Aldi is officially Australia’s first grocery retailer to have its operations powered by renewable energy alone with its 100% renewable electricity commitment independently verified by the Clean Energy Regulator (CER) in its latest Corporate Emissions Reduction Transparency (CERT) report.
The CERT 2023 report, the second to be published by the regulator, shows the progress toward net zero emissions, 100% renewable electricity use and other climate-related commitments of 25 Australian companies that volunteered to participate.
The report provides verification that Aldi has achieved its target to transition its Australian operations to 100% renewable electricity, making it the first Australian supermarket to have all its offices, stores and warehouses powered by renewable energy alone.

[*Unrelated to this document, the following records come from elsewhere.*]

-- ===== src/Components/ChatMessages/Follow.antt =====
-- When the list of messages follows the last message.
use swarm_engine.Prelude.{
  ℕ, ◌+◌, ◌≡◌, refl, sym, subst, inl, inr, Bool, true, false, not, ◌&&◌, ◌||◌, List, [], ◌∷◌, arith,
  ltb, if◌then◌else◌, Bool-cases, all,
}
use swarm_engine.Components.ChatMessages.{
  ScrollState, Container, scroll_to_bottom, on_messages_change, near_bottom, on_scroll, ScrollEvent,
  messages_change, scroll, click_bottom, timer, wheel, touch_move, on_wheel, on_touch_move,
  scroll_step, scroll_run,
}

-- The events that are not the user's wish to see the end: all but the button, and but scrolling that ends
-- near the bottom.
abbrev stays_up : ScrollEvent → Bool
stays_up messages_change = true
stays_up (scroll c) = not (near_bottom c)
stays_up click_bottom = false
stays_up (wheel up) = true
stays_up touch_move = true
stays_up timer = true

-- The user has scrolled up, and the list has scrolled `n` times.
abbrev IsUp : ℕ → ScrollState → Type 0
IsUp n s = (s.user_scrolled_up ≡ true) × (s.scrolls ≡ n)

step-IsUp :
    (n : ℕ) (s : ScrollState) (e : ScrollEvent)
    → stays_up e ≡ true
    → IsUp n s
    → IsUp n (scroll_step s e)
unfolding scroll_step on_messages_change on_scroll on_wheel on_touch_move
step-IsUp n s messages_change k h =
    subst (λ b. IsUp n (if b then s else scroll_to_bottom (record s { auto_scrolling = true })))
      (sym h.0) h
step-IsUp n s (scroll c) k h = (rw (k, h.0) refl, h.1)
step-IsUp n s click_bottom k h = cc
step-IsUp n s (wheel true) k h = (refl, h.1)
step-IsUp n s (wheel false) k h = h
step-IsUp n s touch_move k h = (refl, h.1)
step-IsUp n s timer k h = h

run-IsUp :
    (n : ℕ) (s : ScrollState) (es : List ScrollEvent)
    → all stays_up es ≡ true
    → IsUp n s
    → IsUp n (scroll_run s es)
unfolding scroll_run
run-IsUp n s [] k h = h
run-IsUp n s (e ∷ es) k h = elim (Bool-cases (stays_up e)) [
  | inl r ↦ run-IsUp n (scroll_step s e) es (rw r at k) (step-IsUp n s e r h)
  | inr r ↦ absurd (cc (rw r at k))
]

-- What the list takes for the user's scrolling up: the wheel turned upwards, a touch that moves, and,
-- unless the list scrolls by itself, a scroll event more than two pixels above the last and away from the
-- bottom.
abbrev pub goes_up : ScrollState → ScrollEvent → Bool
goes_up s (wheel up) = up
goes_up s touch_move = true
goes_up s (scroll c) =
    not (near_bottom c) && (not s.auto_scrolling && ltb (c.scroll_top + 2) s.prev_scroll_top)
goes_up s _ = false

noticed :
    (s : ScrollState) (e : ScrollEvent) → goes_up s e ≡ true → IsUp s.scrolls (scroll_step s e)
unfolding scroll_step on_wheel on_touch_move on_scroll
noticed s messages_change h = absurd (cc h)
noticed s (wheel true) h = (refl, refl)
noticed s (wheel false) h = absurd (cc h)
noticed s touch_move h = (refl, refl)
noticed s click_bottom h = absurd (cc h)
noticed s timer h = absurd (cc h)
noticed s (scroll c) h = (
  up (near_bottom c) s.user_scrolled_up s.auto_scrolling (ltb (c.scroll_top + 2) s.prev_scroll_top)
      h,
  refl,
)
  where
    up :
        (near already auto above : Bool)
        → (not near && (not auto && above)) ≡ true
        → (not near && (already || not auto && above)) ≡ true
    up true already auto above h = absurd (cc h)
    up false true auto above h = refl
    up false false auto above h = h

-- A user who turns the wheel upwards or moves a touch, or who scrolls up by more than two pixels away from
-- the bottom while the list does not scroll by itself, is left alone: through any new messages, timers,
-- wheel turns, touches and further scrolling away from the bottom, the list does not scroll.
pub scrolled_up_stays :
    (s : ScrollState) (e : ScrollEvent) (es : List ScrollEvent)
    → goes_up s e ≡ true
    → all stays_up es ≡ true
    → ((scroll_run s (e ∷ es)).user_scrolled_up ≡ true)
      × ((scroll_run s (e ∷ es)).scrolls ≡ s.scrolls)
unfolding scroll_run
scrolled_up_stays s e es h k = run-IsUp s.scrolls (scroll_step s e) es k (noticed s e h)

-- From a position, the user does not scroll up: each scroll event ends near the bottom, or at most two
-- pixels above the last, and there is no touch and no turn of the wheel upwards.
abbrev goes_down : ℕ → List ScrollEvent → Bool
goes_down top [] = true
goes_down top (messages_change ∷ es) = goes_down top es
goes_down top (scroll c ∷ es) =
    (near_bottom c || not (ltb (c.scroll_top + 2) top)) && goes_down c.scroll_top es
goes_down top (wheel up ∷ es) = not up && goes_down top es
goes_down top (touch_move ∷ es) = false
goes_down top (click_bottom ∷ es) = goes_down top es
goes_down top (timer ∷ es) = goes_down top es

-- How many changes of the messages and presses of the button there are.
abbrev pub wanted : List ScrollEvent → ℕ
wanted [] = 0
wanted (messages_change ∷ es) = 1 + wanted es
wanted (click_bottom ∷ es) = 1 + wanted es
wanted (scroll c ∷ es) = wanted es
wanted (wheel up ∷ es) = wanted es
wanted (touch_move ∷ es) = wanted es
wanted (timer ∷ es) = wanted es

-- The list follows, and has scrolled `n` times.
abbrev Follows : ℕ → ScrollState → Type 0
Follows n s = (s.user_scrolled_up ≡ false) × (s.scrolls ≡ n)

later-Follows : (n k : ℕ) (s : ScrollState) → Follows (n + 1 + k) s → Follows (n + (1 + k)) s
later-Follows n k s h = (h.0, omega (arith, h.1))

changed :
    (s : ScrollState)
    → s.user_scrolled_up ≡ false
    → on_messages_change s ≡ scroll_to_bottom (record s { auto_scrolling = true })
unfolding on_messages_change
changed s h = rw h refl

still_down :
    (c : Container) (s : ScrollState)
    → s.user_scrolled_up ≡ false
    → (near_bottom c || not (ltb (c.scroll_top + 2) s.prev_scroll_top)) ≡ true
    → (on_scroll c s).user_scrolled_up ≡ false
unfolding on_scroll
still_down c s h k =
    go (near_bottom c) s.user_scrolled_up s.auto_scrolling
      (ltb (c.scroll_top + 2) s.prev_scroll_top) h k
  where
    go :
        (near up auto above : Bool)
        → up ≡ false
        → (near || not above) ≡ true
        → (not near && (up || not auto && above)) ≡ false
    go true up auto above h k = refl
    go false true auto above h k = absurd (cc h)
    go false false true above h k = refl
    go false false false true h k = absurd (cc k)
    go false false false false h k = refl

both : (a b : Bool) → (a && b) ≡ true → (a ≡ true) × (b ≡ true)
both true b h = (refl, h)
both false b h = absurd (cc h)

run-Follows :
    (s : ScrollState) (es : List ScrollEvent)
    → s.user_scrolled_up ≡ false
    → goes_down s.prev_scroll_top es ≡ true
    → Follows (s.scrolls + wanted es) (scroll_run s es)
unfolding scroll_run scroll_step on_wheel scroll_to_bottom on_scroll
run-Follows s [] h k = (h, omega arith)
run-Follows s (messages_change ∷ es) h k =
    subst (λ t. Follows (s.scrolls + (1 + wanted es)) (scroll_run t es)) (sym (changed s h))
      (let t = scroll_to_bottom (record s { auto_scrolling = true }) in
        later-Follows s.scrolls (wanted es) (scroll_run t es) (run-Follows t es refl k))
run-Follows s (scroll c ∷ es) h k =
    let (a, b) =
      both (near_bottom c || not (ltb (c.scroll_top + 2) s.prev_scroll_top))
        (goes_down c.scroll_top es) k in
    run-Follows (on_scroll c s) es (still_down c s h a) b
run-Follows s (wheel true ∷ es) h k = absurd (cc k)
run-Follows s (wheel false ∷ es) h k = run-Follows s es h k
run-Follows s (touch_move ∷ es) h k = absurd (cc k)
run-Follows s (click_bottom ∷ es) h k =
    let t = scroll_to_bottom s in
    later-Follows s.scrolls (wanted es) (scroll_run t es) (run-Follows t es refl k)
run-Follows s (timer ∷ es) h k = run-Follows (record s { auto_scrolling = false }) es h k

-- The list follows again as soon as the bottom is near: from there, while the user does not scroll up, it
-- scrolls once for each change of the messages and each press of the button, whatever the timers do.
pub bottom_follows :
    (s : ScrollState) (c : Container) (es : List ScrollEvent)
    → near_bottom c ≡ true
    → goes_down c.scroll_top es ≡ true
    → ((scroll_run s (scroll c ∷ es)).user_scrolled_up ≡ false)
      × ((scroll_run s (scroll c ∷ es)).scrolls ≡ s.scrolls + wanted es)
unfolding scroll_run scroll_step on_scroll
bottom_follows s c es b k = run-Follows (on_scroll c s) es (rw b refl) k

Aldi Australia Sustainability Director Daniel Baker said the report validates the retailer’s commitment to use renewable energy across its operations as part of its broader sustainability targets.
“Sustainability is placed firmly at the core of Aldi’s values and operations,” he said. “We are proud the report has recognised these efforts as Aldi continues to lead the way as one of only a handful of companies featured in the report to have fully transitioned its operations to 100% renewable electricity sources.”
At the centre of Aldi’s shift to 100% renewable electricity are the power purchase agreements it holds with three Australian wind farms, the acquisition and voluntary surrender of market renewable energy certificates, and on-site solar generation.
The release of the report coincides with Aldi revealing it plans to expand its solar panel network, deploying another 34 MWp of PV across 25 freestanding stores throughout Australia before the end of 2024.
The installation will add to the more than 105,000 solar panels already fitted across 270 Aldi stores and six of the company’s distribution centres in Australia. In 2022, its solar panels generated more than 40,813 MWh of renewable electricity.
Baker said the company’s commitment to renewable electricity, and the continuing rollout of rooftop solar, not only supports its sustainability targets but also “makes great business sense.”
“Not only are we reducing our impact on the planet, we’re also bringing down our operational costs,” he said.
While Aldi has already achieved its 100% renewables goal, the CER report shows that supermarket rivals Woolworths and Coles, which have both pledged to be fully powered by renewables by 2025, are making steady progress towards achieving their goals.
The report reveals that renewables currently provide just 16.6% of Woolworths’ total electricity usage while Coles is marginally better at 19.6%.
The supermarket giants were among 25 large companies from the energy, manufacturing, mining, retail, financial, transport, construction and research sectors that participated in the CERT 2023 report. Together, the companies represent 21% of the scope 1 emissions reported to the CER in 2021-22.